5 collocation exercises on deploying and operating ML models.
0 / 5 completed
1 / 5
After training, you ___ a model in the registry.
You register a model — recording a versioned artifact in a model registry (like MLflow) with its metadata and lineage. Register collocates with model and version. Enrol off, log up and file out are not idiomatic. Registering models gives you a single source of truth for which version is staged or in production, enabling reproducibility and controlled promotion between environments.
2 / 5
In production, the system will ___ predictions.

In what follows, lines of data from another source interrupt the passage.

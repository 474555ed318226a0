-- ===== src/Docker/Run.antt =====
-- docker run: the devices and the configuration that the flags ask for, docker_run.go.
pub mod Options
pub mod Launching
use cluster_api_provider_inc.Prelude.{
  ℕ, suc, String, Bool, true, false, not, ◌||◌, List, [], ◌∷◌, map, ◌==◌, if◌then◌else◌, some, none,
  Option,
}
use cluster_api_provider_inc.Text.{◌<>◌, quote, contains, cut, split, decimal}
use cluster_api_provider_inc.Text.Forms.{to_lower, format_bool}
use cluster_api_provider_inc.Errors.{Result, ok, err, errorf, ◌>>=◌}
use cluster_api_provider_inc.Maps.{GoMap, insert}

-- The flags that are read; maps of flags in the order of an iteration.
pub record RunFlags : Type 0 where
  pub name : String
  pub environment : List String
  pub labels : GoMap String
  pub publish_ports : List String
  pub volumes : List String
  pub devices : List String
  pub tmpfs : List String
  pub sysctl : GoMap String

-- The loop over the environment, with env.Getenv.
unfoldable pub environment_lines : (String → String) → List String → String
unfolding contains
environment_lines getenv [] = ""
environment_lines getenv (v ∷ vs) =
    (if not (contains "=" v) then v <> "=" <> getenv v else v)
    <> "\n"
    <> environment_lines getenv vs

-- The keys of a map of flags, behind a prefix.
unfoldable pub prefixed : String → GoMap String → GoMap String
unfolding insert
prefixed prefix [] = []
prefixed prefix ((key, value) ∷ flags) = insert (prefix <> key) value (prefixed prefix flags)

abbrev proxy : String → String → GoMap String
proxy listen connect =
    ("type", "proxy") ∷ ("bind", "host") ∷ ("listen", listen) ∷ ("connect", connect) ∷ []

-- The switch over the number of parts of a published port.
unfoldable pub proxy_of_parts : String → String → List String → Result (GoMap String)
proxy_of_parts publish_port protocol (listen ∷ connect ∷ []) =
    ok (proxy (protocol <> "::" <> listen) (protocol <> "::" <> connect))
proxy_of_parts publish_port protocol (host ∷ listen ∷ connect ∷ []) =
    ok (proxy (protocol <> ":" <> host <> ":" <> listen) (protocol <> "::" <> connect))
proxy_of_parts publish_port protocol parts =
    err (errorf ("publish port " <> quote publish_port <> " does not specify listen and connect"))

-- The device of one published port.
unfoldable pub proxy_device : String → Result (GoMap String)
unfolding cut split to_lower proxy_of_parts
proxy_device spec = elim (cut b'/' (to_lower spec)) [
  | none ↦ err (errorf ("publish port " <> quote (to_lower spec) <> " does not specify protocol"))
  | some (publish_port, protocol) ↦ proxy_of_parts publish_port protocol (split b':' publish_port)
]

-- The loop over the published ports, from the index of the first of them.
unfoldable pub proxy_devices : ℕ → List String → Result (GoMap (GoMap String))
unfolding proxy_device decimal
proxy_devices idx [] = ok []
proxy_devices idx (spec ∷ specs) = do
  device ← proxy_device spec
  devices ← proxy_devices (suc idx) specs
  ok (("docker-proxy-" <> decimal idx, device) ∷ devices)

unfoldable pub tmpfs_devices : ℕ → List String → GoMap (GoMap String)
unfolding decimal
tmpfs_devices idx [] = []
tmpfs_devices idx (path ∷ paths) =
    ("docker-tmpfs-" <> decimal idx, ("type", "disk") ∷ ("path", path) ∷ ("source", "tmpfs:") ∷ [])
    ∷ tmpfs_devices (suc idx) paths

unfoldable pub unix_devices : ℕ → List String → GoMap (GoMap String)
unfolding decimal
unix_devices idx [] = []
unix_devices idx (device ∷ devices) =
    (
      "docker-device-" <> decimal idx,
      ("type", "unix-char") ∷ ("source", device) ∷ ("path", device) ∷ [],
    )
    ∷ unix_devices (suc idx) devices

-- hostPath, containerPath, readOnly and propagation
pub record Mount : Type 0 where
  pub host_path : String
  pub container_path : String
  pub read_only : Bool
  pub propagation : String

-- The switch over the number of parts of a volume; more than three leave every part unset.
unfoldable pub mount_of_parts : List String → Mount
unfolding contains
mount_of_parts (path ∷ []) = record {
  host_path = path;
  container_path = path;
  read_only = false;
  propagation = "";
}
mount_of_parts (host ∷ path ∷ []) = record {
  host_path = host;
  container_path = path;
  read_only = false;
  propagation = "";
}
mount_of_parts (host ∷ path ∷ options ∷ []) = record {
  host_path = host;
  container_path = path;
  read_only = contains "ro" options;
  propagation =
      if contains "rslave" options
      then "rslave"
      else if contains "rshared" options
      then "rshared"
      else "";
}
mount_of_parts parts = record {
  host_path = "";
  container_path = "";
  read_only = false;
  propagation = "";
}

unfoldable pub volume_device : String → GoMap String
unfolding split mount_of_parts
volume_device volume =
    let m = mount_of_parts (split b':' volume) in
    ("type", "disk")
    ∷ ("source", m.host_path)
    ∷ ("path", m.container_path)
    ∷ ("readonly", format_bool m.read_only)
    ∷ ("propagation", m.propagation)
    ∷ []

-- The loop over the volumes, without those that are handled out of band.
unfoldable pub volume_devices : ℕ → List String → GoMap (GoMap String)
unfolding volume_device decimal
volume_devices idx [] = []
volume_devices idx (volume ∷ volumes) =
    let rest = volume_devices (suc idx) volumes in
    if volume == "/var" || volume == "/lib/modules:/lib/modules:ro"
    then rest
    else ("docker-volume-" <> decimal idx, volume_device volume) ∷ rest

The system serves predictions — exposing the model behind an API or batch job so applications can request inferences. Serve is the standard term (model serving, serve inference). Dish off, deliver up and supply out are not the collocation. Serving concerns latency, scaling and reliability of inference, which are distinct engineering challenges from training the model in the first place.
3 / 5
To test a new model on live traffic safely, you ___ it.

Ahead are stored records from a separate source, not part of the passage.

-- ===== src/Docker/Run/Options.antt =====
-- docker run: the launch options for an image and for the flags, docker_run.go.
use cluster_api_provider_inc.Prelude.{String, Bool, true, false, [], ◌∷◌, if◌then◌else◌}
use cluster_api_provider_inc.Text.{◌<>◌, quote, contains}
use cluster_api_provider_inc.Maps.{GoMap}
use cluster_api_provider_inc.Errors.{Result, ok, errorf, err, ◌>>=◌}
use cluster_api_provider_inc.Images.{single, container}
use cluster_api_provider_inc.Instances.{
  Static, Codec, haproxy_oci_launch_options, kubeadm_launch_options, kind_launch_options,
}
use cluster_api_provider_inc.Launch
use cluster_api_provider_inc.Launch.{
  LaunchOptions, no_options, with_config, with_image, with_devices, with_instance_templates,
  with_append_to_files,
}
use cluster_api_provider_inc.OciImage.{OciImage, alias, tag, oci_source}
use cluster_api_provider_inc.Docker.Run.{
  RunFlags, environment_lines, prefixed, volume_devices, tmpfs_devices, unix_devices,
}

-- The options of a node in OCI mode.
unfoldable pub kind_node_options : Static → Codec → Bool → Bool → OciImage → Result LaunchOptions
unfolding kind_launch_options with_image Launch.with_unix_socket oci_source
kind_node_options static codec privileged socket image = do
  o ← kind_launch_options static codec (record {
    kubernetes_version = "";
    privileged = privileged;
    skip_profile = false;
    pod_network_cidr = "";
    cloud_init = "";
    cloud_init_apt_install = false;
  })
  ok (Launch.with_unix_socket socket (with_image (single (oci_source image)) o))

-- The options of a node in LXC mode, which ignores the digest.
unfoldable pub lxc_node_options : Static → Bool → Bool → String → OciImage → LaunchOptions
unfolding kubeadm_launch_options with_instance_templates Launch.with_unix_socket tag
lxc_node_options static privileged socket server_name image = Launch.with_unix_socket socket (
    with_instance_templates
      (("/etc/sysconfig/kubelet", "KUBELET_EXTRA_ARGS='--cgroup-root='")
        ∷ ("/kind/product_name", "kind")
        ∷ ("/kind/product_uuid", "kind")
        ∷ ("/kind/version", tag image)
        ∷ ("/kind/manifests/default-storage.yaml", static.kind_default_storage_manifest)
        ∷ ("/kind/manifests/default-cni.yaml", static.kube_flannel_manifest)
        ∷ [])
      (kubeadm_launch_options static (record {
        kubernetes_version = tag image;
        instance_type = container;
        privileged = privileged;
        skip_profile = false;
        skip_install_kubeadm_script = true;
        server_name = server_name;
        cloud_init = "";
      })))

-- launchOptionsForImage, once it is known whether kind instances are to be launched
unfoldable pub options_for_mode :
    Static → Codec → Bool → Bool → String → String → OciImage → Bool → Result LaunchOptions
unfolding contains alias kind_node_options lxc_node_options with_config with_image oci_source
    haproxy_oci_launch_options
options_for_mode static codec privileged socket server_name raw_image image kind =
    if contains "kindest/haproxy" (alias image)
    then (if kind
        then ok (with_image (single (oci_source image)) haproxy_oci_launch_options)
        else err
            (errorf ("haproxy instances (" <> quote raw_image <> ") not supported in LXC mode")))
    else if contains "kindest/base" (alias image)
    then (if kind
        then ok (
            with_image (single (oci_source image))
              (with_config (("oci.entrypoint", "sleep infinity") ∷ []) no_options))
        else err (
            errorf
              ("kindest/base instances (" <> quote raw_image <> ") not supported in LXC mode")))
    else if kind
    then kind_node_options static codec privileged socket image
    else ok (lxc_node_options static privileged socket server_name image)

-- What the flags add to the options of the image.
unfoldable pub apply_flags :
    RunFlags → (String → String) → Bool → GoMap (GoMap String) → LaunchOptions → LaunchOptions
unfolding with_config with_devices with_append_to_files prefixed environment_lines volume_devices
    tmpfs_devices unix_devices
apply_flags flags getenv tmpfs_supported proxies o =
    with_append_to_files
      (("/etc/environment", "\n# added by kini\n" <> environment_lines getenv flags.environment)
        ∷ [])
      (with_devices (unix_devices 0 flags.devices) (
        with_devices (if tmpfs_supported then tmpfs_devices 0 flags.tmpfs else []) (
          with_devices (volume_devices 0 flags.volumes) (
            with_devices proxies (
              with_config (prefixed "linux.sysctl." flags.sysctl)
                (with_config (prefixed "user." flags.labels) o))))))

You shadow-deploy a model — running it alongside production on real traffic but without serving its results to users, so you can compare safely. Shadow deployment (or shadowing) is the established term. Ghost-run off, mirror up and echo out are invented. Shadow deploying lets you validate a new model's behaviour and performance under genuine load before committing to it.
4 / 5
Over time, you must ___ for drift.
You monitor drift — tracking whether input distributions or model accuracy degrade as the world changes (data drift, concept drift). Monitor collocates with drift, performance and metrics. Watch off, scan up and eye out are not idiomatic. Monitoring drift catches silent model decay; without it, a model that worked at launch can quietly become inaccurate as real-world patterns shift.
5 / 5
If a new model underperforms, you ___.
You roll back — reverting to the previous known-good model version when a deployment causes problems. The phrasal verb roll back collocates with deploy, model and release. Reverse off, undo up and revert out are not idiomatic. A fast, reliable rollback path is essential in ML ops, because monitoring may reveal a regression only after the new model is live.